POLITIK
29/10/2015 14:09 CET | Aktualisiert 29/10/2015 15:28 CET

Vorschlag, um besorgte Deutsche einzufangen: CSU soll bundesweit antreten

dpa

Die Verunsicherung der Deutschen wegen der Flüchtlingskrise wächst. Mehr als 50 Prozent der Befragten geben im ARD-"Deutschlandtrend" inzwischen an, es mache ihnen Angst, dass so viele Menschen nach Deutschland kommen. Von der Politik fühlen sie sich im Stich gelassen.

Nur wenige Parteien sprechen diese Menschen an, die AfD etwa. In Umfragen kommt sie mittlerweile auf 8,5 Prozent. Aber die Art und Weise ist gefährlich. Bundesjustizminister Heiko Maas bezeichnete die AfD als "rhetorischen Brandstifter". Das Spitzenpersonal der Partei skandiert Sprüche wie "3000 Jahre Europa! 1000 Jahre Deutschland!". Nazi-Jargon.

Eine andere Partei, die von sich behauptet, die Sorgen der Menschen ernstzunehmen, ist die CSU. Auch die fiel auf dieser Mission schon häufig durch bedenkliche Wortmeldungen auf. Aber so populistisch die Parolen der CSU mitunter sein mögen – in der Regel bleibt es bei Parolen. Im Vergleich zur AfD sind die Bayern das deutlich geringere Übel. Denn zu was die AfD mit ihrer wilden Mischung an unberechenbarem Personal imstande ist, ist schwer zu sagen.

Aber die CSU ist eben auch eine räumlich auf ein Bundesland begrenzte Partei. Die AfD dagegen geht in der ganzen Bundesrepublik auf Stimmenfang.

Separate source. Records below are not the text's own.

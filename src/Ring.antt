-- ===== src/Ring.antt =====
-- klog/ringbuffer.go: the byte ring that keeps the newest output of the log.
-- The mutex makes each method one step, so that methods are functions on the state. `int` values
-- stay far below 2 ^ 63 (the capacity is that of a slice in memory), and are natural numbers but
-- for those that a caller may make negative.
-- The children: Index has the arithmetic of the indices, Window the bytes that the ring holds,
-- History what they are after any writes, Lines the lines of the log.
pub mod Index
pub mod Window
pub mod History
pub mod Lines
mod Tests
use kinz.Base.{
  ℕ, zero, suc, ◌+◌, ◌-◌, ◌*◌, ◌%◌, List, [], ◌∷◌, ◌++◌, Option, none, some, Bool, true, false, ℤ,
  pos, negsuc, length, get_or, set, drop, replicate, ltb, leb, ◌==◌, if◌then◌else◌,
}

pub record RingBuffer : Type 0 where
  pub buf : List ℕ
  pub cap : ℕ
  pub start : ℕ
  pub len : ℕ

abbrev pub default_capacity : ℕ
default_capacity = 64 * 1024

unfoldable pub with_capacity : ℕ → RingBuffer
with_capacity cap = record { buf = replicate cap 0; cap = cap; start = 0; len = 0 }

-- A capacity of 0 or less means the default.
unfoldable pub new_ring_buffer : ℤ → RingBuffer
new_ring_buffer (pos zero) = with_capacity default_capacity
new_ring_buffer (pos (suc n)) = with_capacity (suc n)
new_ring_buffer (negsuc n) = with_capacity default_capacity

-- The body of the loop of `Write`.
unfoldable pub write_byte : RingBuffer → ℕ → RingBuffer
write_byte r b =
    if ltb r.len r.cap
    then record r { buf = set r.buf ((r.start + r.len) % r.cap) b; len = r.len + 1 }
    else record r { buf = set r.buf r.start b; start = (r.start + 1) % r.cap }

unfoldable pub write_loop : RingBuffer → List ℕ → RingBuffer
write_loop r [] = r
write_loop r (b ∷ p) = write_loop (write_byte r b) p

-- The count that `Write` returns, and the ring; its error is always nil.
unfoldable pub write : RingBuffer → List ℕ → ℕ × RingBuffer
unfolding write_loop
write r p = (length p, write_loop r p)

-- The loop of `Bytes` with `n` rounds left, from index `i`.
unfoldable pub copy_loop : RingBuffer → ℕ → ℕ → List ℕ
copy_loop r zero i = []
copy_loop r (suc n) i = get_or r.buf ((r.start + i) % r.cap) 0 ∷ copy_loop r n (i + 1)

unfoldable pub bytes : RingBuffer → List ℕ
unfolding copy_loop
bytes r = copy_loop r r.len 0

abbrev pub newline : ℕ
newline = b'\n'

-- `strings.Split(content, "\n")`.
abbrev pub to_first : ℕ → List (List ℕ) → List (List ℕ)
to_first c [] = (c ∷ []) ∷ []
to_first c (l ∷ ls) = (c ∷ l) ∷ ls

unfoldable pub split : List ℕ → List (List ℕ)
split [] = [] ∷ []
split (c ∷ cs) = let rest = split cs in if c == newline then [] ∷ rest else to_first c rest

-- `parts` without a last fragment that is empty.
unfoldable pub drop_trailing : List (List ℕ) → List (List ℕ)
drop_trailing [] = []
drop_trailing ([] ∷ []) = []
drop_trailing ((c ∷ l) ∷ []) = (c ∷ l) ∷ []
drop_trailing (l ∷ k ∷ ls) = l ∷ drop_trailing (k ∷ ls)

-- `parts[len(parts)-n:]` for a negative `n` is a slice out of range: `none` is the panic.
unfoldable pub last_parts : List (List ℕ) → ℤ → Option (List (List ℕ))
last_parts parts (negsuc n) = none
last_parts parts (pos n) =
    if leb (length parts) n then some parts else some (drop (length parts - n) parts)

lines_of : List ℕ → ℤ → Option (List (List ℕ))
unfolding split drop_trailing last_parts
lines_of [] n = some []
lines_of (c ∷ cs) n = last_parts (drop_trailing (split (c ∷ cs))) n

-- `Lines(n)`.
unfoldable pub lines : RingBuffer → ℤ → Option (List (List ℕ))
unfolding bytes lines_of
lines r n = lines_of (bytes r) n
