-- ===== src/Metrics/Snapshot.antt =====
-- The copy of all values of kmetrics/registry.go (`Snapshot`, `histogramSnapshot`).
-- What Gather returns is a parameter: `none` is its error. `Family`, `Metric` and `DtoHistogram` are
-- the messages of client_model as far as their getters are called; `to_uint64` and `to_int64` are
-- Go's conversions of a floating-point number. The child Values says what the copy has.
pub mod Values
use kinz.Base.{
  ℕ, ℤ, ◌≡◌, refl, sym, ap, ◌∙◌, List, [], ◌∷◌, ◌++◌, map, append-nil, append_assoc, Option,
  Option-cases, none, some, inl, inr, String, arith, if◌then◌else◌, Bool, Bool-cases, true, false,
}
use text.Mathlib.Text.{◌==◌}
use text.Mathlib.TextEquality.{eq_iff}
use kinz.Base.Names.{lookup, insert, lookup-insert}

pub record DtoHistogram (Float : Type 0) : Type 0 where
  pub sample_count : ℕ
  pub sample_sum : Float
  pub bucket : List (Float × ℕ)

pub record Metric (Float : Type 0) : Type 0 where
  pub counter_value : Float
  pub gauge_value : Float
  pub histogram : DtoHistogram Float

pub data FamilyType : Type 0 where
  counter_type gauge_type histogram_type other_type : FamilyType

pub record Family (Float : Type 0) : Type 0 where
  pub name : String
  pub kind : FamilyType
  pub metric : List (Metric Float)

pub record HistogramSnapshot (Float : Type 0) : Type 0 where
  pub buckets : List Float
  pub counts : List ℕ
  pub count : ℕ
  pub sum : Float

pub record Snapshot (Float : Type 0) : Type 0 where
  pub counters : List (String × ℕ)
  pub gauges : List (String × ℤ)
  pub histograms : List (String × HistogramSnapshot Float)

module _ {Float : Type 0} where
  -- The loop of `histogramSnapshot`.
  unfoldable pub bucket_loop : List (Float × ℕ) → HistogramSnapshot Float → HistogramSnapshot Float
  bucket_loop [] hs = hs
  bucket_loop ((bound, cumulative) ∷ bs) hs =
      bucket_loop bs
        (record hs { buckets = hs.buckets ++ bound ∷ []; counts = hs.counts ++ cumulative ∷ [] })

  unfoldable pub histogram_snapshot : DtoHistogram Float → HistogramSnapshot Float
  unfolding bucket_loop
  histogram_snapshot h =
      bucket_loop h.bucket
        (record { buckets = []; counts = []; count = h.sample_count; sum = h.sample_sum })

  abbrev pub no_values : Snapshot Float
  no_values = record { counters = []; gauges = []; histograms = [] }

module _ {Float : Type 0} (to_uint64 : Float → ℕ) (to_int64 : Float → ℤ) where
  -- The body of the loop of `Snapshot`, for a family with this name, type and metrics.
  unfoldable pub add_family :
      String → FamilyType → List (Metric Float) → Snapshot Float → Snapshot Float
  unfolding histogram_snapshot
  add_family name kind [] snap = snap
  add_family name counter_type (m ∷ ms) snap = record snap {
    counters = insert name (to_uint64 m.counter_value) snap.counters;
  }
  add_family name gauge_type (m ∷ ms) snap = record snap {
    gauges = insert name (to_int64 m.gauge_value) snap.gauges;
  }
  add_family name histogram_type (m ∷ ms) snap = record snap {
    histograms = insert name (histogram_snapshot m.histogram) snap.histograms;
  }
  add_family name other_type (m ∷ ms) snap = snap

  unfoldable pub family_loop : List (Family Float) → Snapshot Float → Snapshot Float
  unfolding add_family
  family_loop [] snap = snap
  family_loop (f ∷ fs) snap = family_loop fs (add_family f.name f.kind f.metric snap)

  unfoldable pub snapshot : Option (List (Family Float)) → Snapshot Float
  unfolding family_loop
  snapshot none = no_values
  snapshot (some families) = family_loop families no_values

Um der bundesweit im populistischen Sektor konkurrenzlosen AfD den Wind aus den Segeln zu nehmen, hat die "Welt" nun einen bemerkenswerten, sicher aber auch umstrittenen Vorschlag gemacht: Die CSU solle bundesweit antreten, nicht nur in Bayern. "Eine Bundes-CSU wäre für das Land jedenfalls besser als eine rechtsradikale Partei mit zweistelligem Wahlergebnis", heißt es in dem Text.

Dass es Parteien geben muss, die die besorgten Deutschen ansprechen, steht für das Medium außer Frage. "Wer meint, Ängste und Bedenken großer Teile der Bevölkerung übergehen zu können, der überlässt drängende Themen Gruppen, die außerhalb der Demokratie stehen." Wie der AfD. CSU-Chef Horst Seehofer habe diese Gesetzmäßigkeit von Anfang an verinnerlicht.

Die CDU, die Schwesterpartei der CSU, ist ganz offensichtlich nicht in der Lage, diese Menschen anzusprechen. So sehr Parteichefin und Kanzlerin Angela Merkel mitunter die Töne aus Bayern missfallen, so sehr weiß sie auch, wie sie davon profitiert. Denn ihrer CDU fehlt ein eigener starker konservativer Flügel. Wer sich von der CDU nicht verstanden fühlt, findet Gefallen an der CSU. Es bleibt in der (Unions-)Familie.

Nur können bei der nächsten Bundestagswahl wie immer wieder nur die Bayern für die CSU stimmen. In den übrigen 15 Bundesländern muss es die CDU richten. Ob das funktioniert, ist fraglich. In Umfragen fallen ihre Werte gerade täglich.

Träte die CSU beispielsweise auch in Hamburg, in Köln und in Dresden an, könnte sie – so die Argumentation der "Welt" – Deutschland einen Gefallen tun. Nämlich den, die Menschen, die gerade nach rechts abdriften, einzufangen, bevor sie bei Parteien wie der AfD landen. Sie wäre sicher auch keine Ideallösung, aber – wie gesagt – mindestens das geringere Übel.

Ob es für CDU so gut wäre, wenn ihr die CSU bundesweit Konkurrenz machen würde, ist dagegen ziemlich fraglich. Gut möglich, dass ihr die CSU den ein oder anderen Wähler abnehmen würde. Dass viele bisherige CDU-Anhänger, die konservative Politik wollen, dann der CSU ihre Stimme gäben.

Die CDU könnte dann eine ähnliche Erfahrung machen, wie sie die SPD mit der Linken gemacht hat. Die ist der wohl wichtigste Grund dafür, dass die Sozialdemokraten seit langem in Umfragen nicht mehr über 25 Prozent hinauskommen. Denn wer linke Politik will, wählt oft lieber das linke Original.